For the ETF route (demat account required): open a demat and trading account with your broker broker. Buy Nifty 50 ETF, Gold ETF units directly on the exchange. Set up recurring orders. The advantage is even lower cost (ETF expense ratios are marginally lower than index fund expense ratios). The disadvantage is you need a demat account and the process of setting up recurring orders is slightly more manual. Start with that. You can always shift to ETFs later if you want the marginal cost saving.
For PPF: open an account at any nationalized bank branch or online through SBI or other major banks. The maximum annual contribution is ₹1.5 lakh. Once the account is open, you can make monthly transfers digitally.
Step 3: Increase as income grows
Every time your income increases, a salary hike, a bonus, a business milestone, increase your investment allocation before you increase your lifestyle spending.
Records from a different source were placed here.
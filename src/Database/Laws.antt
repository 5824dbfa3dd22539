-- ===== src/Database/Laws.antt =====
-- What a call of pkg/txmanager/txmanager.go leaves in the tables.
use mathlib.Core.Path.{subst}
use go_ozon_marketplace.Prelude.{◌≡◌, refl, sym, ◌⊎◌, inl, inr, List, []}
use go_ozon_marketplace.Prelude.Effect.{Result, ok, err, Action, ◌>>=◌}
use go_ozon_marketplace.Database.{
  Fault, answered, refused, lost, Db, next_fault, statement, run_tx, answer_with, commit_with,
  end_tx, begin_with,
}

-- What is known of the result and the tables of a call that succeeds.
abbrev pub OnOk : {T A : Type 0} → (A → T → Type 0) → Result A × Db T → Type 0
OnOk Q (ok a, (t, _)) = Q a t
OnOk Q (err _, _) = Unit

-- A transaction has done all of its work, or none.
abbrev pub AllOrNothing : {T A : Type 0} → (A → T → Type 0) → T → Result A × Db T → Type 0
AllOrNothing Q before (ok a, (t, _)) = Q a t
AllOrNothing {T} {A} Q before (err _, (t, _)) = (t ≡ before) ⊎ ((a : A) × Q a t)

bound :
    {T A B : Type 0} (Q : A → T → Type 0) (R : B → T → Type 0) (r : Result A × Db T)
    (f : A → Action (Db T) B)
    → OnOk Q r
    → ((a : A) (t : T) (fs : List Fault) → Q a t → OnOk R (f a (t, fs)))
    → OnOk R (elim r.0 [ ok a ↦ f a r.1 | err e ↦ (err e, r.1) ])
bound Q R (ok a, (t, fs)) f q h = h a t fs q
bound Q R (err e, (t, fs)) f q h = tt

-- Two calls, one after the other.
pub bind-OnOk :
    {T A B : Type 0} (Q : A → T → Type 0) (R : B → T → Type 0) (m : Action (Db T) A)
    (f : A → Action (Db T) B) (s : Db T)
    → OnOk Q (m s)
    → ((a : A) (t : T) (fs : List Fault) → Q a t → OnOk R (f a (t, fs)))
    → OnOk R ((m >>= f) s)
bind-OnOk Q R m f s q h = bound Q R (m s) f q h

answered-OnOk :
    {T A : Type 0} (Q : A → T → Type 0) (f : T → Result A × T) (t : T) (fs : List Fault) (x : Fault)
    → OnOk Q ((f t).0, ((f t).1, fs))
    → OnOk Q (answer_with f t fs x)
answered-OnOk Q f t fs answered h = h
answered-OnOk Q f t fs (refused e) h = tt
answered-OnOk Q f t fs (lost e) h = tt

any_faults :
    {T A : Type 0} (Q : A → T → Type 0) (r : Result A) (t : T) (gs : List Fault)
    → OnOk Q (r, (t, []))
    → OnOk Q (r, (t, gs))
any_faults Q (ok a) t gs h = h
any_faults Q (err e) t gs h = tt

pub statement-OnOk :
    {T A : Type 0} (Q : A → T → Type 0) (f : T → Result A × T) (t : T) (fs : List Fault)
    → OnOk Q ((f t).0, ((f t).1, []))
    → OnOk Q (statement f (t, fs))
unfolding statement
statement-OnOk Q f t fs h =
    answered-OnOk Q f t _ (next_fault fs).0 (any_faults Q (f t).0 (f t).1 _ h)

committed :
    {T A : Type 0} (Q : A → T → Type 0) (a : A) (before t : T) (fs : List Fault) (x : Fault)
    → Q a t
    → AllOrNothing Q before (commit_with a before t fs x)
committed Q a before t fs answered q = q
committed Q a before t fs (refused e) q = inl refl
committed Q a before t fs (lost e) q = inr (a, q)

ended :
    {T A : Type 0} (Q : A → T → Type 0) (before : T) (r : Result A × Db T)
    → OnOk Q r
    → AllOrNothing Q before (end_tx before r)
ended Q before (ok a, (t, fs)) q = committed Q a before t _ (next_fault fs).0 q
ended Q before (err e, (t, fs)) q = inl refl

begun :
    {T A : Type 0} (Q : A → T → Type 0) (body : Action (Db T) A) (t : T) (fs : List Fault)
    (x : Fault)
    → OnOk Q (body (t, fs))
    → AllOrNothing Q t (begin_with body t fs x)
begun Q body t fs answered q = ended Q t (body (t, fs)) q
begun Q body t fs (refused e) q = inl refl
begun Q body t fs (lost e) q = inl refl

-- Whichever calls fail, a transaction leaves the tables as they were, or as its body leaves them
-- when it succeeds; and if the transaction reports success it is the latter.
pub run_tx-AllOrNothing :
    {T A : Type 0} (Q : A → T → Type 0) (body : Action (Db T) A) (t : T) (fs : List Fault)
    → ((gs : List Fault) → OnOk Q (body (t, gs)))
    → AllOrNothing Q t (run_tx body (t, fs))
unfolding run_tx
run_tx-AllOrNothing Q body t fs h = begun Q body t _ (next_fault fs).0 (h (next_fault fs).1)

-- A fact about the tables that holds before, and after the body succeeds, holds after the call.
pub AllOrNothing-keeps :
    {T A : Type 0} (Q : A → T → Type 0) (P : T → Type 0) (before : T) (r : Result A × Db T)
    → AllOrNothing Q before r
    → P before
    → ((a : A) (t : T) → Q a t → P t)
    → P r.1.0
AllOrNothing-keeps Q P before (ok a, (t, fs)) q p k = k a t q
AllOrNothing-keeps Q P before (err e, (t, fs)) (inl same) p k = subst P (sym same) p
AllOrNothing-keeps Q P before (err e, (t, fs)) (inr (a, q)) p k = k a t q

pub map-OnOk :
    {T A : Type 0} (Q R : A → T → Type 0) (r : Result A × Db T)
    → ((a : A) (t : T) → Q a t → R a t)
    → OnOk Q r
    → OnOk R r
map-OnOk Q R (ok a, (t, fs)) k h = k a t h
map-OnOk Q R (err e, (t, fs)) k h = tt

answered-reads :
    {T A : Type 0} (f : T → Result A × T) (t : T) (fs : List Fault) (x : Fault)
    → (f t).1 ≡ t
    → (answer_with f t fs x).1.0 ≡ t
answered-reads f t fs answered h = h
answered-reads f t fs (refused e) h = refl
answered-reads f t fs (lost e) h = h

-- A statement that only reads leaves the tables as they are, also where it fails.
pub statement-reads :
    {T A : Type 0} (f : T → Result A × T) (t : T) (fs : List Fault)
    → (f t).1 ≡ t
    → (statement f (t, fs)).1.0 ≡ t
unfolding statement
statement-reads f t fs h = answered-reads f t _ (next_fault fs).0 h

answered-state :
    {T A : Type 0} (f : T → Result A × T) (t : T) (fs : List Fault) (x : Fault)
    → ((answer_with f t fs x).1.0 ≡ t) ⊎ ((answer_with f t fs x).1.0 ≡ (f t).1)
answered-state f t fs answered = inr refl
answered-state f t fs (refused e) = inl refl
answered-state f t fs (lost e) = inr refl

-- A statement takes effect or does not.
pub statement-state :
    {T A : Type 0} (f : T → Result A × T) (t : T) (fs : List Fault)
    → ((statement f (t, fs)).1.0 ≡ t) ⊎ ((statement f (t, fs)).1.0 ≡ (f t).1)
unfolding statement
statement-state f t fs = answered-state f t _ (next_fault fs).0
This is the discipline that separates people who build wealth from those who don’t. Lifestyle inflation is real and relentless. Every raise comes with pressure to upgrade, the phone, the car, the dining out, the holidays. These are not wrong in themselves, but letting 100% of every income increase go to consumption means your savings rate stays flat while your income grows.
A reasonable rule: when your income increases, allocate at least half the increase to savings and investments, and the remainder to lifestyle. If you’re getting a ₹10,000 monthly raise, ₹5,000 goes to your investment SIPs and ₹5,000 goes to living better. Over time, this creates a meaningful gap between income and expenses, which is what actually drives wealth accumulation.
The psychological barrier to starting
The most common objection I hear is “₹5,000 is not enough to make a real difference.” This is the wrong framing entirely. The goal in the first year is not a large corpus. The goal is the habit and the systems. An automatic SIP, a liquid fund that grows month by month, a PPF account that you’re contributing to, these create an investment identity that becomes self-reinforcing. In three years, when the numbers start to feel meaningful, you’ll be grateful you started with ₹5,000 rather than waiting until you had ₹20,000 to invest.
The best investment framework in the world is useless if you never start it. A simple framework that you actually implement and sustain beats a sophisticated framework that you plan to start when circumstances are better. Circumstances will always offer a reason to wait.
Practical takeaway: Today, open a mutual fund account (your broker Coin or Groww takes 15 minutes), start a Nifty 50 index fund SIP for ₹3,500 and a liquid fund SIP for ₹500. That’s ₹4,000 of the framework done. The gold and PPF can follow next week. Starting imperfectly beats planning perfectly.
This post is for educational purposes only. It is not financial advice. Mohit Mehra is not a SEBI registered investment advisor. Please consult a qualified financial advisor before making investment decisions.